## Action item
The number needed is how many lines in these entries contain "unfolding"; give it alone.

## Records provided
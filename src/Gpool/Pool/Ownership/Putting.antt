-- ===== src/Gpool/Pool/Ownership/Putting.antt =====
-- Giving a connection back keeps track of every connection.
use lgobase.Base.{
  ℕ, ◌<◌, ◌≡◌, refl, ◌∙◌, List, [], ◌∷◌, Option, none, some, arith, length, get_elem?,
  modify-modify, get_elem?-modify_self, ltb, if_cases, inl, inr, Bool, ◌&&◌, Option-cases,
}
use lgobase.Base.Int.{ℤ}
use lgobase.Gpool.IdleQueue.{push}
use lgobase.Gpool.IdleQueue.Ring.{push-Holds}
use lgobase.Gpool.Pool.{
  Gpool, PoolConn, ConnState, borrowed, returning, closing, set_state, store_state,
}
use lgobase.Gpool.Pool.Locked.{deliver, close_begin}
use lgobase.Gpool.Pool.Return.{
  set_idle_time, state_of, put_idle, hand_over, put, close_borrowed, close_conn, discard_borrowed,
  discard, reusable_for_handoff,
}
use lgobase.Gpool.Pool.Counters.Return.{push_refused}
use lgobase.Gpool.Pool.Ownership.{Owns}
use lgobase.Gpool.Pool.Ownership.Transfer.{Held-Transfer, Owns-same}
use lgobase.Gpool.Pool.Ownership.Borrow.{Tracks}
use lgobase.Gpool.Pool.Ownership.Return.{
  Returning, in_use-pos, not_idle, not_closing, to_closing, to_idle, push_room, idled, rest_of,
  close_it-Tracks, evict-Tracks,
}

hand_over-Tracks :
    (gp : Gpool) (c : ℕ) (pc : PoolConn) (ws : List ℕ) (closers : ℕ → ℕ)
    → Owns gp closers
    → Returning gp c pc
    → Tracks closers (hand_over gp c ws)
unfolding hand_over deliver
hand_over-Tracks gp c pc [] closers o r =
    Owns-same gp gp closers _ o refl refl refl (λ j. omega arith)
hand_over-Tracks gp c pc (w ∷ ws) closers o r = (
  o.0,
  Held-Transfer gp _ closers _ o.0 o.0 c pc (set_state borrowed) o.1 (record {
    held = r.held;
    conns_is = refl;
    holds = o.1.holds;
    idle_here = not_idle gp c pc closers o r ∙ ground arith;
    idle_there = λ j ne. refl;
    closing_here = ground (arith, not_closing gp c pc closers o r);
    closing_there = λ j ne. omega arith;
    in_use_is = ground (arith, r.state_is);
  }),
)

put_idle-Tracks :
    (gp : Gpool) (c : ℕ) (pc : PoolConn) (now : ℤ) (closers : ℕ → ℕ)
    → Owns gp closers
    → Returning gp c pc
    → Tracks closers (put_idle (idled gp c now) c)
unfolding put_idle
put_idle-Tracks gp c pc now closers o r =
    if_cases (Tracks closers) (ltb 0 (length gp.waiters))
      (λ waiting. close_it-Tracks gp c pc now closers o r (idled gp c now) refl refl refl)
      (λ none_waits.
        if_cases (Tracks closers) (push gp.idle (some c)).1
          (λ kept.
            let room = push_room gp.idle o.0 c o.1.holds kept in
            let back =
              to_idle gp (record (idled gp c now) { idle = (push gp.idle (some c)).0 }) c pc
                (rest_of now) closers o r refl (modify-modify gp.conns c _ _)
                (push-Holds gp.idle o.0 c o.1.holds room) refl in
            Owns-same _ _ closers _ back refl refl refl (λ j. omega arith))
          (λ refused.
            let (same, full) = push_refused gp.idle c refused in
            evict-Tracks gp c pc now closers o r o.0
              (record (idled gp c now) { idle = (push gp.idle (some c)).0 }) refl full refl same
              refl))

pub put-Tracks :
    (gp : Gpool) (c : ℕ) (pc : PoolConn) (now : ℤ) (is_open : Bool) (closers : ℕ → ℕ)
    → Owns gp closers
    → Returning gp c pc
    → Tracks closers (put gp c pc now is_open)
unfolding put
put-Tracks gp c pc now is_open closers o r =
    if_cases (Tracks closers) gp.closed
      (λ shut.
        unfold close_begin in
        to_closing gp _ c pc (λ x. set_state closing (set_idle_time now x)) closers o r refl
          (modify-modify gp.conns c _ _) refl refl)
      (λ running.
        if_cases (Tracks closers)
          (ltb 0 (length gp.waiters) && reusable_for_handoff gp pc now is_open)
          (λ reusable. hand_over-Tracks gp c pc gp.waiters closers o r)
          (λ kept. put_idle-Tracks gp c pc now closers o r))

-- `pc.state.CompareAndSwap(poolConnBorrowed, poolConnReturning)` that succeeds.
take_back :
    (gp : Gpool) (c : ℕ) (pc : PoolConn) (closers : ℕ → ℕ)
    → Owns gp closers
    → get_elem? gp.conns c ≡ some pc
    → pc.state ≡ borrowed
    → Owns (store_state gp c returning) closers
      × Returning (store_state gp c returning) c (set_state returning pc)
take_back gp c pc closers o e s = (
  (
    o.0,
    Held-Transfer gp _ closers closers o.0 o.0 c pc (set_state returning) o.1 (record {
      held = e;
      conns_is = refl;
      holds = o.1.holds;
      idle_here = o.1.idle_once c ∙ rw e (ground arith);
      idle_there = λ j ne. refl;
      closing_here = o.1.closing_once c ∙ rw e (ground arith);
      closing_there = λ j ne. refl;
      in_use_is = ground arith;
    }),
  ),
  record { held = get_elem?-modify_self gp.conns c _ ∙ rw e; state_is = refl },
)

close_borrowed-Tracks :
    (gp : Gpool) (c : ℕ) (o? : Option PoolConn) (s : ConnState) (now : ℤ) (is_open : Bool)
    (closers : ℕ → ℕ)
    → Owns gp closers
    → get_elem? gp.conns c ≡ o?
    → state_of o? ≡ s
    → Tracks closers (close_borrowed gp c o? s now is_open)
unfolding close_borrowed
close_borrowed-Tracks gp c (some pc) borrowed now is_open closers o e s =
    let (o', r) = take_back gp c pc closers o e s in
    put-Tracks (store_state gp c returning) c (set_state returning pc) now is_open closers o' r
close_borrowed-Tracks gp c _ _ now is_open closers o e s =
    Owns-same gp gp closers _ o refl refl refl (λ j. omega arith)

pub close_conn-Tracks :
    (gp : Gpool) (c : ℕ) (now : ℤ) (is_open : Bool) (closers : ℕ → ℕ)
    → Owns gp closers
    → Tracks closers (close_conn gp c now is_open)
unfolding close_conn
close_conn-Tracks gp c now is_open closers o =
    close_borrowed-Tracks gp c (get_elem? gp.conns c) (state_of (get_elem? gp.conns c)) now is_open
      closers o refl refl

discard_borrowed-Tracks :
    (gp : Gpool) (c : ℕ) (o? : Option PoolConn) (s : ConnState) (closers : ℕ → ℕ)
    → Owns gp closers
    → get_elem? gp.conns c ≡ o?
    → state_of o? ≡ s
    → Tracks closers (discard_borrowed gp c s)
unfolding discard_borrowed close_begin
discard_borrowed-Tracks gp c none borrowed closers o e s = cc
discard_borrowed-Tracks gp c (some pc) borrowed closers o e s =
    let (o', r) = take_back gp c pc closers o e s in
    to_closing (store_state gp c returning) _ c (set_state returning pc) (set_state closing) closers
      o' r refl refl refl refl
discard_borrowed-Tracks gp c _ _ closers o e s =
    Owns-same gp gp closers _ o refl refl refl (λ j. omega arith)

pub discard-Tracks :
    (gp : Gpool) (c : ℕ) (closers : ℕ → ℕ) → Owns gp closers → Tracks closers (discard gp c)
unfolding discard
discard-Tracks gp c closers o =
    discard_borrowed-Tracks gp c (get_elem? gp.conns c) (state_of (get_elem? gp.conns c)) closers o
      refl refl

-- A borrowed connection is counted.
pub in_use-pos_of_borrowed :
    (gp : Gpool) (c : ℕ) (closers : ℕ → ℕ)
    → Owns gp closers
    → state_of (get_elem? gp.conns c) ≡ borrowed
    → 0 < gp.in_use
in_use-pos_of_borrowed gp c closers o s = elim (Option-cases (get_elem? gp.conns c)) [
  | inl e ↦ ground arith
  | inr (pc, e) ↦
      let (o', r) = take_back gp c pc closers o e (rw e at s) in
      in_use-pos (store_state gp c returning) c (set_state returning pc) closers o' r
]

## Solution
7